::: TASK INPUT :::
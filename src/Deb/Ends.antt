-- ===== src/Deb/Ends.antt =====
-- internal/deb/ar.go: `Next` answers `io.EOF` only at the end of the stream.
use deb_s.Prelude.{
  failed, bad_size, bad_trailer, empty_name, extended_name, incorrect_magic, Reason, missing_magic,
  truncated_member, truncated_padding, ℕ, ◌≡◌, refl, Bool, true, false, not, ◌||◌, Option, none,
  some, [], ◌==◌, ◌%◌, leb, if◌then◌else◌, Text, codes, has_prefix, equal, length, take, drop,
  drop-all, Error, Result, ok, err, Result-cases, Bool-cases, inl, inr, Exec, lift, ◌>>=◌,
}
use deb_s.Deb.Ar.{
  Archive, ar_magic, check_magic, read_magic, discard_body, read_padding, header_error,
  parse_header, name_in, size_in, sized, begin_member, format_read_error, reading, read_full,
  discard, start, skip_member, read_header, next, is_end, is_unexpected_end,
}

-- Where the call fails with `io.EOF`, the stream is at its end.
pub record EndsAtRest {A : Type 0} (m : Exec Archive A) : Type 0 where
  pub at_end : (a : Archive) (e : Error) → (m a).0 ≡ err e → is_end e ≡ true → (m a).1.rest ≡ []

-- The call does not fail with `io.EOF`.
record NeverEnds {A : Type 0} (m : Exec Archive A) : Type 0 where
  never : (a : Archive) (e : Error) → (m a).0 ≡ err e → is_end e ≡ false

module _ {A : Type 0} where
  EndsAtRest-never : (m : Exec Archive A) → NeverEnds m → EndsAtRest m
  EndsAtRest-never m h = record { at_end = λ a e failed end. let f = h.never a e failed in cc }

module _ {A B : Type 0} where
  bind-EndsAtRest :
      (m : Exec Archive A) (f : A → Exec Archive B)
      → EndsAtRest m
      → ((x : A) → EndsAtRest (f x))
      → EndsAtRest (m >>= f)
  unfolding ◌>>=◌
  bind-EndsAtRest m f hm hf = record {
    at_end = λ a e. elim (Result-cases (m a).0) [
      | inl (x, h) ↦ rw h ((hf x).at_end (m a).1 e)
      | inr (x, h) ↦ rw h (λ same end. hm.at_end a x h cc)
    ];
  }

  bind-NeverEnds :
      (m : Exec Archive A) (f : A → Exec Archive B)
      → NeverEnds m
      → ((x : A) → NeverEnds (f x))
      → NeverEnds (m >>= f)
  unfolding ◌>>=◌
  bind-NeverEnds m f hm hf = record {
    never = λ a e. elim (Result-cases (m a).0) [
      | inl (x, h) ↦ rw h ((hf x).never (m a).1 e)
      | inr (x, h) ↦ rw h (λ same. let g = hm.never a x h in cc)
    ];
  }

format_read_error-never :
    (x : Error) (reason : Reason)
    → is_end (failed reason) ≡ false
    → is_end (format_read_error x reason) ≡ false
format_read_error-never x reason h = elim (Bool-cases (is_end x)) [
  | inl e ↦ rw e h
  | inr e ↦ rw e (elim (Bool-cases (is_unexpected_end x)) [ inl f ↦ rw f h | inr f ↦ rw f e ])
]

-- A result that is not `io.EOF`.
abbrev Plain : {A : Type 0} → Result A → Type 0
Plain r = (e : Error) → r ≡ err e → is_end e ≡ false

module _ {A : Type 0} where
  choose-Plain : (b : Bool) (r s : Result A) → Plain r → Plain s → Plain (if b then r else s)
  choose-Plain true r s hr hs = hr
  choose-Plain false r s hr hs = hs

  failed-Plain :
      (reason : Reason) → is_end (failed reason) ≡ false → Plain {A = A} (err (failed reason))
  failed-Plain reason h e same = cc

module _ {A : Type 0} where
  done-NeverEnds : (f : Archive → A) (g : Archive → Archive) → NeverEnds (λ a. (ok (f a), g a))
  done-NeverEnds f g = record { never = λ a e same. cc }

  if-NeverEnds :
      (b : Archive → Bool) (m n : Exec Archive A)
      → NeverEnds m
      → NeverEnds n
      → NeverEnds (λ a. if b a then m a else n a)
  if-NeverEnds b m n hm hn = record {
    never = λ a e. elim (Bool-cases (b a)) [
      | inl h ↦ rw h (hm.never a e)
      | inr h ↦ rw h (hn.never a e)
    ];
  }

  reading-NeverEnds :
      (reason : Reason) (m : Exec Archive A)
      → is_end (failed reason) ≡ false
      → NeverEnds (λ a. reading reason (m a))
  reading-NeverEnds reason m h = record { never = λ a. never_at (m a) }
    where
      never_at :
          (x : Result A × Archive) (e : Error) → (reading reason x).0 ≡ err e → is_end e ≡ false
      never_at (ok x, a) e same = cc
      never_at (err x, a) e same = let g = format_read_error-never x reason h in cc

start-NeverEnds : NeverEnds start
unfolding start
start-NeverEnds =
    if-NeverEnds (λ a. a.started) _ _ (done-NeverEnds (λ a. tt) (λ a. a))
      (bind-NeverEnds read_magic check_magic (reading-NeverEnds missing_magic (read_full 8) refl)
        λ magic. record {
          never = λ a e. elim (Bool-cases (equal magic ar_magic)) [
            | inl h ↦ rw h (λ same. cc)
            | inr h ↦ rw h (failed-Plain {A = Unit {0}} incorrect_magic refl e)
          ];
        })

skip_member-NeverEnds : NeverEnds skip_member
unfolding skip_member
skip_member-NeverEnds =
    bind-NeverEnds discard_body _
      (if-NeverEnds (λ a. a.remaining == 0) _ _ (done-NeverEnds (λ a. tt) (λ a. a))
        (reading-NeverEnds truncated_member (λ a. discard a.remaining a) refl))
      λ x.
        bind-NeverEnds read_padding _
          (if-NeverEnds (λ a. a.padding == 0) _ _ (done-NeverEnds (λ a. []) (λ a. a))
            (reading-NeverEnds truncated_padding (λ a. read_full a.padding a) refl))
          λ y. done-NeverEnds (λ a. tt) (λ a. record a { remaining = 0; padding = 0 })

sized-Plain : (name : Text) (size : Option ℕ) → Plain (sized name size)
sized-Plain name none = failed-Plain bad_size refl
sized-Plain name (some size) = λ e same. cc

parse_header-Plain : (header : Text) → Plain (parse_header header)
unfolding parse_header
parse_header-Plain header =
    choose-Plain (not (equal (take 2 (drop 58 header)) (codes "`\n"))) _ _
      (failed-Plain bad_trailer refl)
      (choose-Plain (equal (name_in header) []) _ _ (failed-Plain empty_name refl) (
        choose-Plain
          (equal (name_in header) (codes "/")
            || equal (name_in header) (codes "//")
            || has_prefix (name_in header) (codes "#1/"))
          _ _ (failed-Plain extended_name refl) (sized-Plain (name_in header) (size_in header))))

read_full-short :
    (n : ℕ) (a : Archive) (e : Error) → (read_full n a).0 ≡ err e → (read_full n a).1.rest ≡ []
unfolding read_full
read_full-short n a e = elim (Bool-cases (leb n (length a.rest))) [
  | inl h ↦ rw h (λ same. cc)
  | inr h ↦ rw h (λ same. drop-all a.rest)
]

header-ends :
    (rest : Text) (x : Result Text × Archive)
    → ((e : Error) → x.0 ≡ err e → x.1.rest ≡ [])
    → (e : Error) → (header_error rest x).0 ≡ err e
    → (header_error rest x).1.rest ≡ []
header-ends rest (ok header, a) short e same = cc
header-ends rest (err y, a) short e same = short y refl

read_header-EndsAtRest : EndsAtRest read_header
unfolding read_header
read_header-EndsAtRest = record {
  at_end = λ a e same end. header-ends a.rest (read_full 60 a) (read_full-short 60 a) e same;
}

pub next-EndsAtRest : EndsAtRest next
unfolding next
next-EndsAtRest = bind-EndsAtRest _ _ (EndsAtRest-never _ start-NeverEnds) λ x.
    bind-EndsAtRest _ _ (EndsAtRest-never _ skip_member-NeverEnds) λ y.
      bind-EndsAtRest _ _ read_header-EndsAtRest λ h. EndsAtRest-never _ (
        bind-NeverEnds (lift (parse_header h)) begin_member
          (record { never = λ a e. parse_header-Plain h e })
          λ m. done-NeverEnds (λ a. m) (λ a. record a { remaining = m.size; padding = m.size % 2 }))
:::
Starting at the line with "λ magic. record" and ending at the line with "(reading-NeverEnds truncated_padding (λ", print each line of the listing above exactly, with no other lines.

        λ magic. record {
          never = λ a e. elim (Bool-cases (equal magic ar_magic)) [
            | inl h ↦ rw h (λ same. cc)
            | inr h ↦ rw h (failed-Plain {A = Unit {0}} incorrect_magic refl e)
          ];
        })

skip_member-NeverEnds : NeverEnds skip_member
unfolding skip_member
skip_member-NeverEnds =
    bind-NeverEnds discard_body _
      (if-NeverEnds (λ a. a.remaining == 0) _ _ (done-NeverEnds (λ a. tt) (λ a. a))
        (reading-NeverEnds truncated_member (λ a. discard a.remaining a) refl))
      λ x.
        bind-NeverEnds read_padding _
          (if-NeverEnds (λ a. a.padding == 0) _ _ (done-NeverEnds (λ a. []) (λ a. a))
            (reading-NeverEnds truncated_padding (λ a. read_full a.padding a) refl))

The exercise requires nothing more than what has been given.